Projections - Movie Reviews
Dirty Dancing: Havana Nights
Dirty Dancing Havana Nights
Starring Diego Luna, Romola Garai, Sela Ward,
John Slattery, Jonathan Jackson, January Jones

Some steamy salsa moves and engaging leads provide pleasure in Dirty Dancing: Havana Nights in spite of an increasingly silly storyline and an unconvincing portrait of Cuba as Castro's regime is about to take over.

One wonders why this Dirty Dancing has to be set in 1958 Havana with good use of Puerto Rico for plenty of scenes which try hard to conjure up memories of the 1987 hit starring Patrick Swayze and Jennifer Grey. Claiming that it's based on true events, the target demographic will be pleased with what occurs on the dance floor and the hip-hop and soul sounds that comprise the soundtrack. Yet, even they will find the predictability and triteness of what transpires, less alluring than what it could have been.

It's hard not to fault some of the casting, especially Romola Garai as Katey Miller and Diego Luna (U Tu Mama Tambien) as Javier. The scholarly Katey is a pretty high schooler headed for Radcliffe when her parents think dad's boss' son (Jonathan Jackson) is attracted to her and think he is a good catch.

But, Javier, the busboy at their hotel where the waiting staff is underappreciated by Americans, has already made an impression on Katey when he lets the rhythm in his blood out on the streets. Katey is a skilled formal dancer gleaned from the excellence of her parents ballroom dancing, but she is captivated by the expression of Javier, especially in a nightclub called Rosa Negra in a lower-class neighborhood.

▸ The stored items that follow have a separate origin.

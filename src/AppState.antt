-- ===== src/AppState.antt =====
-- The process-wide state of the device: its state, its queue of error events and the mask of active
-- errors (perceptive-layer/mqtt_protobuff/governance_core/src/AppState.cpp). Each function here is a
-- critical section of `_mutex`, or a read under it; the writes to flash that follow some of them
-- are in Device.
pub mod Codes
pub mod Names
pub mod Tracking
pub mod Activity
pub mod Backlog
use governance_iot_platform.Prelude.{
  ℕ, zero, suc, ◌+◌, ◌-◌, ◌^◌, ◌==◌, ltb, leb, bit_and, bit_or, Bool, true, false, not, ◌||◌,
  if◌then◌else◌, List, [], ◌∷◌, ◌++◌, length, Option, none, some,
}
use Codes.{DeviceState, error, nvs_init, ErrorCode, no_error, error_index, AppError, Source}

-- `ready` says that `_mutex` has been created.
pub record AppState : Type 0 where
  pub ready : Bool
  pub current : DeviceState
  pub previous : DeviceState
  pub error_queue : List AppError
  pub active_error_mask : ℕ  -- uint32_t

pub initial : AppState
initial = record {
  ready = false;
  current = nvs_init;
  previous = nvs_init;
  error_queue = [];
  active_error_mask = 0;
}

-- AppState::init
unfoldable pub init : AppState → AppState
init s = record s { ready = true }

unfoldable pub error_bit : ErrorCode → ℕ
error_bit code = let idx = error_index code in if idx == 0 || leb 32 idx then 0 else 2 ^ idx

-- AppState::transition
unfoldable pub transition : DeviceState → AppState → AppState
transition next s = if s.ready then record s { previous = s.current; current = next } else s

abbrev pub max_error_queue : ℕ
max_error_queue = 32

-- `while (_errorQueue.size() >= MAX_ERROR_QUEUE) _errorQueue.pop();`
unfoldable pub drop_oldest : List AppError → List AppError
drop_oldest [] = []
drop_oldest (e ∷ q) =
    let rest = drop_oldest q in if leb max_error_queue (length (e ∷ q)) then rest else e ∷ q

-- the critical section of AppState::setError
unfoldable pub register : AppError → AppState → AppState
register evt s =
    let bit = error_bit evt.code in
    record s {
      error_queue = drop_oldest s.error_queue ++ evt ∷ [];
      active_error_mask = if bit == 0 then s.active_error_mask else bit_or s.active_error_mask bit;
      previous = s.current;
      current = error;
    }

-- the event that AppState::resolveError queues: the defaults of `struct AppError` but for two fields
abbrev pub resolution : ErrorCode → AppError
resolution c = record {
  code = c;
  msg = "";
  source = record { class_name = ""; method = "" };
  details = [];
  resolved = true;
}

-- AppState::isErrorActive
unfoldable pub is_error_active : ErrorCode → AppState → Bool
is_error_active code s =
    let bit = error_bit code in
    if bit == 0 then false else not (bit_and s.active_error_mask bit == 0)

-- the critical section of AppState::resolveError, with `wasActive`
unfoldable pub settle : ErrorCode → AppState → AppState × Bool
settle code s =
    let bit = error_bit code in
    let was_active = not (bit_and s.active_error_mask bit == 0) in
    if bit == 0
    then (s, false)
    else if was_active
    then (
      record s {
        error_queue = s.error_queue ++ resolution code ∷ [];
        active_error_mask = bit_and s.active_error_mask (2 ^ 32 - 1 - bit);
      },
      true,
    )
    else (s, false)

-- AppState::hasActiveErrors
unfoldable pub has_active_errors : AppState → Bool
has_active_errors s = not (s.active_error_mask == 0)

-- AppState::hasQueuedErrors
unfoldable pub has_queued_errors : AppState → Bool
has_queued_errors s = elim s.error_queue [ [] ↦ false | _ ∷ _ ↦ true ]

-- `AppError{}`
abbrev pub empty_error : AppError
empty_error = record {
  code = no_error;
  msg = "";
  source = record { class_name = ""; method = "" };
  details = [];
  resolved = false;
}

-- AppState::popError
unfoldable pub pop_error : AppState → AppState × AppError
pop_error s = elim s.error_queue [
  | [] ↦ (s, empty_error)
  | e ∷ q ↦ (record s { error_queue = q }, e)
]

-- AppState::peekError
unfoldable pub peek_error : AppState → AppError
peek_error s = elim s.error_queue [ [] ↦ empty_error | e ∷ q ↦ e ]

-- the critical section of AppState::loadPersistedErrors
unfoldable pub restore_mask : ℕ → AppState → AppState
restore_mask mask s = record s { active_error_mask = mask }
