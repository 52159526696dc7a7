-- ===== src/Prelude/Bits.antt =====
-- The binary digits of a number as Booleans, and what `bit_and` and `bit_or` do to each of them.
use Prim.Native.Nat.{
  ℕ, zero, suc, ◌+◌, ◌-◌, ◌*◌, ◌/◌, ◌%◌, ◌^◌, ◌≤◌, ◌<◌, min, max, bit_and, bit_or, digits,
  bit_and-bitwise, bit_or-bitwise,
}
use mathlib.Core.Path.{◌≡◌, refl, ap, ◌∙◌}
use mathlib.Core.Bool.{Bool, false, not, ◌&&◌, ◌||◌}
use native.Mathlib.Omega.{arith}
use native.Mathlib.Nat.{pow-suc}
use governance_iot_platform.Prelude.Tests.{◌==◌}

-- `digits` takes fuel: what is left over changes nothing, so that one digit can be split off.
module _ (z : ℕ → ℕ) (f : ℕ → ℕ → ℕ) (z_step : (b : ℕ) → z b ≡ z (b / 2) * 2 + f 0 (b % 2)) where
  spare : (n a b : ℕ) → a ≤ n → digits z f (suc n) a b ≡ digits z f n a b
  spare zero zero b h = refl
  spare zero (suc a) b h = absurd (omega arith)
  spare (suc n) zero b h = refl
  spare (suc n) (suc a) b h =
      ap (λ (t : ℕ). t * 2 + f (suc a % 2) (b % 2)) (spare n (suc a / 2) (b / 2) (omega arith))

  surplus : (k n a b : ℕ) → n ≡ k + a → digits z f n a b ≡ digits z f a a b
  surplus zero n a b e = let same : n ≡ a = omega arith in ap (λ (m : ℕ). digits z f m a b) same
  surplus (suc k) n a b e =
      let next : n ≡ suc (k + a) = omega arith in
      ap (λ (m : ℕ). digits z f m a b) next
      ∙ spare (k + a) a b (omega arith)
      ∙ surplus k (k + a) a b refl

  trimmed : (n a b : ℕ) → a ≤ n → digits z f n a b ≡ digits z f a a b
  trimmed n a b h = surplus (n - a) n a b (omega arith)

  digits_step :
      (a b : ℕ) → digits z f a a b ≡ digits z f (a / 2) (a / 2) (b / 2) * 2 + f (a % 2) (b % 2)
  digits_step zero b = z_step b
  digits_step (suc a) b =
      ap (λ (t : ℕ). t * 2 + f (suc a % 2) (b % 2)) (trimmed a (suc a / 2) (b / 2) (omega arith))

bit_and_step : (a b : ℕ) → bit_and a b ≡ bit_and (a / 2) (b / 2) * 2 + min (a % 2) (b % 2)
bit_and_step a b =
    rw (bit_and-bitwise a b, bit_and-bitwise (a / 2) (b / 2))
      (digits_step (λ b. zero) min (λ b. omega arith) a b)

bit_or_step : (a b : ℕ) → bit_or a b ≡ bit_or (a / 2) (b / 2) * 2 + max (a % 2) (b % 2)
bit_or_step a b =
    rw (bit_or-bitwise a b, bit_or-bitwise (a / 2) (b / 2))
      (digits_step (λ b. b) max (λ b. omega arith) a b)

-- Digit `j` of `m`, counted from the lowest.
pub test_bit : ℕ → ℕ → Bool
test_bit m zero = m % 2 == 1
test_bit m (suc j) = test_bit (m / 2) j

pub test_bit-bit_and : (a b j : ℕ) → test_bit (bit_and a b) j ≡ (test_bit a j && test_bit b j)
unfolding test_bit
test_bit-bit_and a b zero = ground (arith, bit_and_step a b)
test_bit-bit_and a b (suc j) = ap (λ t. test_bit t j) halved ∙ test_bit-bit_and (a / 2) (b / 2) j
  where
    halved : bit_and a b / 2 ≡ bit_and (a / 2) (b / 2)
    halved = omega (arith, bit_and_step a b)

pub test_bit-bit_or : (a b j : ℕ) → test_bit (bit_or a b) j ≡ (test_bit a j || test_bit b j)
unfolding test_bit
test_bit-bit_or a b zero = ground (arith, bit_or_step a b)
test_bit-bit_or a b (suc j) = ap (λ t. test_bit t j) halved ∙ test_bit-bit_or (a / 2) (b / 2) j
  where
    halved : bit_or a b / 2 ≡ bit_or (a / 2) (b / 2)
    halved = omega (arith, bit_or_step a b)

-- A number is 0 exactly when no digit of it is set; one direction is by the digits below its size.
pub test_bit-zero : (j : ℕ) → test_bit 0 j ≡ false
unfolding test_bit
test_bit-zero zero = refl
test_bit-zero (suc j) = test_bit-zero j

no_digits : (n a : ℕ) → digits (λ b. zero) min n a 0 ≡ 0
no_digits zero zero = refl
no_digits zero (suc a) = refl
no_digits (suc n) zero = refl
no_digits (suc n) (suc a) = omega (arith, no_digits n (suc a / 2))

bit_and-zero : (a : ℕ) → bit_and a 0 ≡ 0
bit_and-zero a = bit_and-bitwise a 0 ∙ no_digits a a

-- `m & (1 << i)` is 0 exactly when digit `i` is not set.
pub mask_test : (m i : ℕ) → (bit_and m (2 ^ i) == 0) ≡ not (test_bit m i)
unfolding test_bit
mask_test m zero = ground (arith, bit_and_step m 1, bit_and-zero (m / 2))
mask_test m (suc i) = rw masked (ground (arith, mask_test (m / 2) i))
  where
    masked : bit_and m (2 ^ suc i) ≡ bit_and (m / 2) (2 ^ i) * 2
    masked = omega (arith, bit_and_step m (2 ^ suc i), pow-suc 2 i, ap (bit_and (m / 2)) halved)
      where
        halved : 2 ^ suc i / 2 ≡ 2 ^ i
        halved = omega (arith, pow-suc 2 i)

pub test_bit-pow : (i j : ℕ) → test_bit (2 ^ i) j ≡ (i == j)
unfolding test_bit
test_bit-pow zero zero = refl
test_bit-pow zero (suc j) = ground (arith, test_bit-zero j)
test_bit-pow (suc i) zero = ground (arith, pow-suc 2 i)
test_bit-pow (suc i) (suc j) = ap (λ t. test_bit t j) halved ∙ test_bit-pow i j ∙ ground arith
  where
    halved : 2 ^ suc i / 2 ≡ 2 ^ i
    halved = omega (arith, pow-suc 2 i)

-- `~b` in a word of `n` bits is `2 ^ n - 1 - b`.
pub test_bit-complement :
    (n b j : ℕ) → b < 2 ^ n → j < n → test_bit (2 ^ n - 1 - b) j ≡ not (test_bit b j)
unfolding test_bit
test_bit-complement zero b j h k = absurd (omega arith)
test_bit-complement (suc n) b zero h k = ground (arith, pow-suc 2 n)
test_bit-complement (suc n) b (suc j) h k =
    ap (λ t. test_bit t j) halved
    ∙ test_bit-complement n (b / 2) j (omega (arith, pow-suc 2 n)) (omega arith)
  where
    halved : (2 ^ suc n - 1 - b) / 2 ≡ 2 ^ n - 1 - b / 2
    halved = omega (arith, pow-suc 2 n)
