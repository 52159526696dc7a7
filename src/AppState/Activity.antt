-- ===== src/AppState/Activity.antt =====
-- Which errors are active: the mask as a set of codes.
use governance_iot_platform.Prelude.{
  ℕ, ◌-◌, ◌^◌, ◌<◌, ◌==◌, bit_and, bit_or, true, false, not, ◌&&◌, ◌||◌, ◌≡◌, ap, ◌∙◌, arith,
  Bool-cases, inl, inr,
}
use governance_iot_platform.Prelude.Bits.{
  test_bit, test_bit-bit_and, test_bit-bit_or, test_bit-pow, test_bit-complement, mask_test,
}
use governance_iot_platform.AppState.Codes.{ErrorCode, no_error, error_index, AppError}
use governance_iot_platform.AppState.{
  AppState, error_bit, register, settle, is_error_active, resolution,
}
use mathlib.Core.List.{[], ◌∷◌, ◌++◌}
use native.Mathlib.Nat.{one-le-pow, pow-le-pow_right}

pub error_index-lt : (c : ErrorCode) → error_index c < 32
unfolding error_index
error_index-lt no_error = omega arith
error_index-lt _ = omega arith

pow-ne-zero : (i : ℕ) → (2 ^ i == 0) ≡ false
pow-ne-zero i = ground (arith, one-le-pow i 2)

-- A code has a bit exactly when it is not NONE: all 31 others fit the word.
error_bit-zero : (c : ErrorCode) → (error_bit c == 0) ≡ (error_index c == 0)
unfolding error_bit
error_bit-zero c = elim (Bool-cases (error_index c == 0)) [
  | inl e ↦ rw (e, ◌||◌)
  | inr e ↦ ground (arith, error_index-lt c, pow-ne-zero (error_index c))
]

error_bit-pow : (c : ErrorCode) → (error_index c == 0) ≡ false → error_bit c ≡ 2 ^ error_index c
unfolding error_bit
error_bit-pow c h = ground (arith, error_index-lt c)

-- `isErrorActive` reads one digit of the mask.
pub is_error_active_lem :
    (c : ErrorCode) (s : AppState)
    → is_error_active c s
      ≡ (not (error_index c == 0) && test_bit s.active_error_mask (error_index c))
unfolding is_error_active
is_error_active_lem c s = elim (Bool-cases (error_index c == 0)) [
  | inl e ↦ rw (error_bit-zero c, e)
  | inr e ↦
      rw (error_bit-zero c, e, error_bit-pow c e, mask_test s.active_error_mask (error_index c))
        (ground arith)
]

set_bit : (m i j : ℕ) → test_bit (bit_or m (2 ^ i)) j ≡ (test_bit m j || (i == j))
set_bit m i j = rw (test_bit-bit_or, test_bit-pow)

pub clear_bit :
    (m i j : ℕ)
    → i < 32
    → j < 32
    → test_bit (bit_and m (2 ^ 32 - 1 - 2 ^ i)) j ≡ (test_bit m j && not (i == j))
clear_bit m i j p q =
    test_bit-bit_and m (2 ^ 32 - 1 - 2 ^ i) j
    ∙ ap (λ b. test_bit m j && b)
        (test_bit-complement 32 (2 ^ i) j
            (omega (arith, pow-le-pow_right {n = 2} (omega arith) {i = i} {j = 31} (omega arith))) q
          ∙ ap not (test_bit-pow i j))

-- After an event is registered, a code is active exactly if it was, or if it is the code of the
-- event and not NONE.
pub is_error_active-register :
    (e : AppError) (s : AppState) (c : ErrorCode)
    → is_error_active c (register e s)
      ≡ (is_error_active c s || (not (error_index c == 0) && error_index e.code == error_index c))
unfolding register
is_error_active-register e s c = ground (
  arith,
  is_error_active_lem c s,
  is_error_active_lem c (register e s),
  error_bit-zero e.code,
  error_bit-pow e.code,
  set_bit s.active_error_mask (error_index e.code) (error_index c),
)

-- After a code is settled, a code is active exactly if it was and is another one.
pub is_error_active-settle :
    (r : ErrorCode) (s : AppState) (c : ErrorCode)
    → is_error_active c (settle r s).0
      ≡ (is_error_active c s && not (error_index r == error_index c))
unfolding settle
is_error_active-settle r s c = ground (
  arith,
  is_error_active_lem c s,
  is_error_active_lem c (settle r s).0,
  error_bit-zero r,
  error_bit-pow r,
  mask_test s.active_error_mask (error_index r),
  clear_bit s.active_error_mask (error_index r) (error_index c) (error_index-lt r)
      (error_index-lt c),
)

-- `resolveError` of an error that is not active changes nothing.
pub settle_inactive :
    (r : ErrorCode) (s : AppState) → is_error_active r s ≡ false → settle r s ≡ (s, false)
unfolding settle is_error_active
settle_inactive r s h = ground arith

-- Of an active one it queues the resolution and clears the bit, and nothing else.
pub settle_active :
    (r : ErrorCode) (s : AppState)
    → is_error_active r s ≡ true
    → settle r s ≡ (
      record s {
        error_queue = s.error_queue ++ resolution r ∷ [];
        active_error_mask = bit_and s.active_error_mask (2 ^ 32 - 1 - 2 ^ error_index r);
      },
      true,
    )
unfolding settle is_error_active
settle_active r s h = ground (arith, error_bit-zero r, error_bit-pow r)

The big dance of Havana Nights turns out to be a competition with a top prize of $5000, money that Javier needs for his family after he loses his position because of his relationship with Katey. The rehearsal for this important event has their scandalous relationship blossoming from moments on the beach rooftops and in a montage sequence. Swayze is back as an instructor of Katey.

The first round of the dance contest features a very seductive routine with Javier and Katey, who unfortunately and unexpectedly have her parents and dad's boss on hand to see it. They don't like her daughter doing such a thing with a poor local, yet her polishing of old ballroom techniques make them proud. Similar to the narrative of The Dreamers, the time she spends at Javier's residence without parental permission puts the screenplay under further scrutiny for its time.

Before the climax, Havana Nights showcases weak dialogue and line readings that elicited laughter among more than a few at a recent screening. The direction keeps the revolutionary turmoil on a lower setting than the dancing, inspired by the life of JoAnn Jansen, the film's choreographer. Those who actually lived in Cuba at that time might be puzzled by how easily the Americans and Cubans interacted. Nevertheless, while there really is no “Time of your life” to be had in this Latin re-imagining faraway from the Catskills. The music and dancing has enough a charm to it, to make some couples swing over to their favorite club and let themselves go.